Gallium is a response to the lack of development power and the need to share code across all of Mesa.
DRI2/GEM/TTM are needed to move beyond OpenGL 1.5. It did not set back Mesa by many years, as Mesa couldn't move anywhere at all until DRI2/GEM/TTM were implemented.
OpenGL 2 is impossible between these things. They had to be done.
No this is not a law.
The law is that the size of transistor gates halves every 18 months appro.
Double the amount of transistors doesn't equal double the performance though.
And performance of a computer system as a whole is the synergy of cpu,gpu,bandwidth, storage devices,ram performance improvements...
So if we are to compare kwin with say something like gnome-shell as equals, granted the g-s developers are probably being funded to work on this more, but still I get regular reports from the g-s devs in RH on what drivers do and don't work and what features are slow and missing, and we try and target Fedora releases to make sure that the g-s bits work on the shipping drivers.
The g-s guys understand the ecosystem they are working in, and work with it. The kwin guys seem to take 0 interest in working with a community. I've gotten driver patches from g-s guys, and never any contact from a kwin developer. Granted RH also would prefer that I make g-s work so it gets a higher priority than kwin or games.
The thing is if kwin wants to be a Linux desktop it needs to run on top of Linux, not some ideal of what Linux should be if we had 50 more developers writing graphics drivers. Its called reality and generally living in it makes for a better quality of product.
Graphics have historically been a weak spot of Linux. If anything, the last years have been much, much more successful for Linux then any previous point in history. You do have to consider that Linux has known many, many years where the NV driver was the only option if you wanted to do anything serious with your GPU.
Audio stack also hasn't caught up yet to Windows though...
*wishes more features
That's not quite right.
Gnome-shell includes the functionality from both Kwin and Plasma.
If Kwin developers are not checking for open drivers compatibility, then it's rather unfortunate. But they've done the same thing to the binary nvidia drivers when these were broken, so I don't think that it's a slight against the Mesa developers.
Well, apparentely, Kwin devs are enthusiasts working on their own machines, not some paid developers by Red Hat having probably access to various hardware, thus are able to test it personnaly.
Martin said in his blog that Kwin was trying to use functionnality advertised as supported, and that in fact it was not, making the fallbacks they have implemented useless.
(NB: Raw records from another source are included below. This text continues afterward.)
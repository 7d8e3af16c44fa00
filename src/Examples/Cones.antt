-- ===== src/Examples/Cones.antt =====
-- `LogicCone::search` on the sample platform.
use tamara.Cone.Search.{
  search, LogicCone, all_neighbours, start, search_loop, consider, expand, choose_cut, finish,
  push_neighbours, push_neighbour, verify_input_nodes, store,
}
use tamara.Cone.Replicate.{replicate}
use tamara.Cone.Replicate.Marks.{Keeps, HasCone}
use tamara.Cone.Replicate.Searched.{search-replicate}
use tamara.Sample.Laws.{attributes}
use tamara.Sample.Netlist.{empty_netlist, Item, Object, platform, object}
use tamara.Rtlil.Kernel.{wire, cell}
use tamara.Cone.Search.First.{IsFresh}
use tamara.Cone.Search.Behind.{UniqueNames, Stands, Behind}
use tamara.Cone.Node.{
  Node, Kind, get_node_name, compute_neighbours, neighbours_of, new_neighbours, kind_of,
  is_terminal,
}
use tamara.Sample.Names.{UniqueNames-are_apart}
use tamara.Cone.Search.Correct.{search-Behind, search-inputs}
use tamara.Cone.Successors.{Globals, build_successors}
use tamara.Cone.Successors.Fresh.{IsTerminal, Successors, build_successors-Successors}
use tamara.Cone.Search.Tally.{tally}
use tamara.Cone.Search.Once.{search-once}
use tamara.Common.{
  List, Result, String, none, ok, refl, ◌∷◌, ◌≡◌, [], false, map, some, true, err, ◌⊎◌, ◌↔◌, In,
  Yields, inl, subst, inr, ◌≤◌, length, arith,
}

abbrev plain : String → Object
plain name = object name "" 1 false false

abbrev output : Object
output = object "out" "" 1 false true

abbrev gate : Object
gate = object "g" "$and" 0 false false

abbrev flop : Object
flop = object "f" "$dff" 0 false false

abbrev Links : Type 0
Links = platform.wire_map.Map

abbrev links_of : Item → List Item → Links → Links
links_of = platform.wire_map.put

-- out ← y ← g ← (q, in), q ← f ← d
abbrev links : Links
links = links_of (wire output) (wire (plain "y") ∷ []) (
    links_of (wire (plain "y")) (cell gate ∷ []) (
      links_of (cell gate) (wire (plain "q") ∷ wire (object "in" "" 1 true false) ∷ []) (
        links_of (wire (plain "q")) (cell flop ∷ [])
          (links_of (cell flop) (wire (plain "d") ∷ []) platform.wire_map.empty))))

unique : UniqueNames platform links
unfolding all_neighbours
unique = UniqueNames-are_apart links refl

abbrev new_cone : LogicCone platform
new_cone = record {
  id = 0;
  output_node = record { kind = Kind.io; obj = wire output; cone_id = 0; address = 0 };
  input_nodes = [];
  cone = [];
  voter_cut_point = none;
  frontier = [];
  next_address = 1;
}

fresh : IsFresh platform new_cone
fresh = (refl, refl, refl, refl)

abbrev names_of : List (Node platform) → List String
names_of = map (get_node_name platform)

abbrev found : Result (LogicCone platform) → List String × List String × List String
found (ok c) = (
  names_of c.cone,
  names_of c.input_nodes,
  elim c.voter_cut_point [ none ↦ [] | some n ↦ get_node_name platform n ∷ [] ],
)
found (err _) = ([], [], [])

-- the input is not kept, since the flip flop was considered last
search-found : found (search platform links new_cone) ≡ ("y" ∷ "g" ∷ "q" ∷ [], "f" ∷ [], "g" ∷ [])
unfolding search start search_loop consider expand choose_cut finish push_neighbours push_neighbour
    compute_neighbours neighbours_of new_neighbours kind_of verify_input_nodes store all_neighbours
search-found = refl

search-Behind_example :
    (c' : LogicCone platform) × (search platform links new_cone ≡ ok c')
    × (c'.frontier ≡ [])
    × ((b : Item)
        → Stands platform b c'.cone ↔ (
            Behind platform links (wire output) b
            × (is_terminal (kind_of platform links b) ≡ false)))
search-Behind_example = search-Behind platform links unique new_cone fresh

search-inputs_example :
    (c' : LogicCone platform) × (search platform links new_cone ≡ ok c')
    × ((c'.input_nodes ≡ [])
        ⊎ ((n : Node platform) × (c'.input_nodes ≡ n ∷ [])
            × (is_terminal n.kind ≡ true)
            × ((n.obj ≡ wire output) ⊎ Behind platform links (wire output) n.obj)))
search-inputs_example = search-inputs platform links unique new_cone fresh

search-once_example :
    (c' : LogicCone platform) × (search platform links new_cone ≡ ok c')
    × ((name : String) → tally platform name c'.cone ≤ 1)
    × (length c'.cone ≤ length (all_neighbours platform links))
search-once_example = search-once platform links unique new_cone fresh

abbrev ended_cone : LogicCone platform
ended_cone = record new_cone {
  input_nodes = (record { kind = Kind.ff; obj = cell flop; cone_id = 0; address = 6 }) ∷ [];
}

abbrev no_globals : Globals platform
no_globals = record { next_id = 1; explored = [] }

terminals : (n : Node platform) → In n ended_cone.input_nodes → IsTerminal platform links n
unfolding kind_of
terminals n (inl e) = subst (IsTerminal platform links) e (refl, refl)
terminals n (inr z) = absurd z

build_successors-Successors_example :
    Yields (Successors platform no_globals) (build_successors platform links ended_cone no_globals)
build_successors-Successors_example =
    build_successors-Successors platform links ended_cone no_globals (omega arith) terminals

search-replicate_example :
    (c' : LogicCone platform) × (search platform links new_cone ≡ ok c')
    × Yields
        (λ _ m'.
          Keeps platform attributes empty_netlist m'
          × ((b : Item)
              → Behind platform links (wire output) b
                × (is_terminal (kind_of platform links b) ≡ false)
              → HasCone platform attributes m' b))
        (replicate platform c' (λ _. []) empty_netlist)
search-replicate_example =
    search-replicate platform attributes links unique new_cone fresh empty_netlist
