-- ===== src/Examples/Debugging.antt =====
-- src/tamara_debug.cpp on the sample platform.
use tamara.Debug.{make_voter, replicate_not, execute_task, Design, voter_made}
use tamara.Debug.Tasks.{execute_task-mkvoter, FiveWires}
use tamara.Util.Names.{to_string}
use tamara.Debug.Voter.{IsVoter, make_voter-IsVoter}
use tamara.Debug.Replicate.{replicate_not-Fails}
use tamara.Sample.Netlist.{Object, platform, empty_netlist, kernel, object, Netlist}
use tamara.Sample.Gates.{circuit}
use tamara.Common.{
  ℕ, Error, Yields, Bool, [], not, some, str_eq, arith, false, ◌∷◌, ◌≡◌, err, none, ok,
}

-- all wires are set but the second
abbrev second_low : Object → ℕ → Bool
second_low w i = not (str_eq (kernel.wire_name w) "\\b")

make_voter-IsVoter_example :
    Yields
      (IsVoter platform circuit second_low 8 empty_netlist)
      (make_voter platform 8 empty_netlist)
make_voter-IsVoter_example =
    make_voter-IsVoter platform circuit second_low 8 empty_netlist (omega arith)

replicate_not-Fails_example :
    (e : Error) × (replicate_not platform
        (record { next_id = 0; explored = [] })
        (some (record empty_netlist { cells = object "n" "$logic_not" 0 false false ∷ [] }))
      ≡ err e)
replicate_not-Fails_example =
    replicate_not-Fails platform (record { next_id = 0; explored = [] })
      (some (record empty_netlist { cells = object "n" "$logic_not" 0 false false ∷ [] }))

abbrev empty_design : Design platform
empty_design = record {
  top = none;
  new_module = empty_netlist;
  globals = record { next_id = 0; explored = [] };
}

execute_task-mkvoter_example :
    (wires : FiveWires platform circuit second_low) × (m : Netlist) × (execute_task platform
        ("tamara_debug" ∷ "mkvoter" ∷ to_string 8 ∷ [])
        empty_design
      ≡ ok (voter_made wires m))
    × IsVoter platform circuit second_low 8 empty_netlist wires m
execute_task-mkvoter_example =
    execute_task-mkvoter platform circuit second_low "tamara_debug" 8 empty_design (omega arith)
      (omega arith)
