-- ===== src/Util/Dump.antt =====
-- The debug dumps of src/util.cpp (`dumpAsync`, `generateColours`, `generateRandomHex`) and the
-- colours of include/tamara/util.hpp. `getenv` is asked only whether a variable is set.
pub mod Names
pub mod Hex
use Prim.Native.Char.{code}
use Prim.Native.String.{[] as empty, ◌∷◌ as char_cons}
use tamara.Util.Names.{to_string}
use tamara.Common.{
  ℕ, zero, suc, ◌+◌, String, str_append, Bool, Option, none, some, List, [], ◌∷◌, Result, ok, err,
  Error, if◌then◌else◌, ◌==◌, length, is_some, not,
}

abbrev pub Environment : Type 0
Environment = String → Bool

-- CONE_COLOURS
abbrev pub cone_colours : List String
cone_colours =
    "darkgreen" ∷ "blue" ∷ "purple" ∷ "coral" ∷ "darkcyan" ∷ "darksalmon" ∷ "mistyrose" ∷ "red" ∷ []

-- `std::array::at`
abbrev colour_at : List String → ℕ → Result String
colour_at [] i = err Error.key_not_found
colour_at (c ∷ cs) zero = ok c
colour_at (c ∷ cs) (suc i) = colour_at cs i

abbrev pub colour_option : String → ℕ → String
colour_option colour i =
    str_append
      (str_append (str_append "-color " colour) (str_append " a:tamara_cone=" (to_string i))) " "

-- the rounds `i`, `i + 1`, … of the loop, `left` of them
unfoldable pub add_colours : List String → ℕ → ℕ → String → Result String
add_colours colours i zero text = ok text
add_colours colours i (suc left) text = elim (colour_at colours i) [
  | err e ↦ err e
  | ok c ↦ add_colours colours (i + 1) left (str_append text (colour_option c i))
]

-- `generateColours`
unfoldable pub generate_colours : Environment → Result String
unfolding add_colours
generate_colours set =
    if set "TAMARA_DISABLE_CONE_COLOURS"
    then ok " "
    else add_colours cone_colours 0 (length cone_colours) ""

-- `file.substr(file.find_last_of('/') + 1)`, and the whole text where there is no slash
unfoldable pub after_slash : String → Option String
after_slash empty = none
after_slash (char_cons ch rest) = elim (after_slash rest) [
  | some name ↦ some name
  | none ↦ if code ch == 47 then some rest else none
]

unfoldable pub strip_path : String → String
unfolding after_slash
strip_path file = elim (after_slash file) [ none ↦ file | some name ↦ name ]

-- the name of the picture; `unique` is the time, in milliseconds
unfoldable pub graph_name : String → String → String → String → ℕ → String
unfolding strip_path
graph_name unique top file function line = str_append "./dump_" (
    str_append unique (
      str_append "_" (
        str_append top (
          str_append "_@_" (
            str_append (strip_path file)
              (str_append ":" (str_append function (str_append ":" (to_string line)))))))))

-- `dumpAsync`: the command that Yosys runs and the file that is removed then, if there is a dump
unfoldable pub dump_async :
    Environment → String → String → String → String → ℕ → Result (Option (String × String))
unfolding generate_colours graph_name
dump_async set unique top file function line =
    if not (set "TAMARA_DEBUG_DUMP_ASYNC") then ok none else elim (generate_colours set) [
      | err e ↦ err e
      | ok colours ↦
          let name = graph_name unique top file function line in
          ok (
            some (
              str_append "show -long -colors 420 -format png "
                  (str_append colours (str_append " -prefix " name)),
              str_append name ".dot",
            ))
    ]

abbrev hex_digit : ℕ → String
hex_digit n =
    if n == 10
    then "a"
    else if n == 11
    then "b"
    else if n == 12
    then "c"
    else if n == 13
    then "d"
    else if n == 14
    then "e"
    else if n == 15
    then "f"
    else to_string n

-- the rounds `i`, `i + 1`, …; `draw` is the stream of the generator, numbers from 0 to 15
unfoldable pub add_hex : (ℕ → ℕ) → ℕ → ℕ → String → String
add_hex draw i zero text = text
add_hex draw i (suc left) text = add_hex draw (i + 1) left (str_append text (hex_digit (draw i)))

-- `generateRandomHex`
unfoldable pub generate_random_hex : (ℕ → ℕ) → ℕ → String
unfolding add_hex
generate_random_hex draw len = add_hex draw 0 len ""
Since he doesn't have the equipment to test it, he obviously can't file bugs himself.
It's likely that KWin devs should try to get more reports on different platforms instead of assuming that everything works as the binary Nvidia drivers, but you can't also ask the two or three Kwin devs, who work on their own, to be able to match a paid dev team, moreover working for the same company as the driver developper.
I agree with Mr Bridgman approach, though. I assume Martin was on the defensive side with the bad reports coming with the KDE 4.5.X release, but blaming others is not constructive either.
Hopefully, some good will come out of this and many bugs, revealed by this release, will be identified and fixed.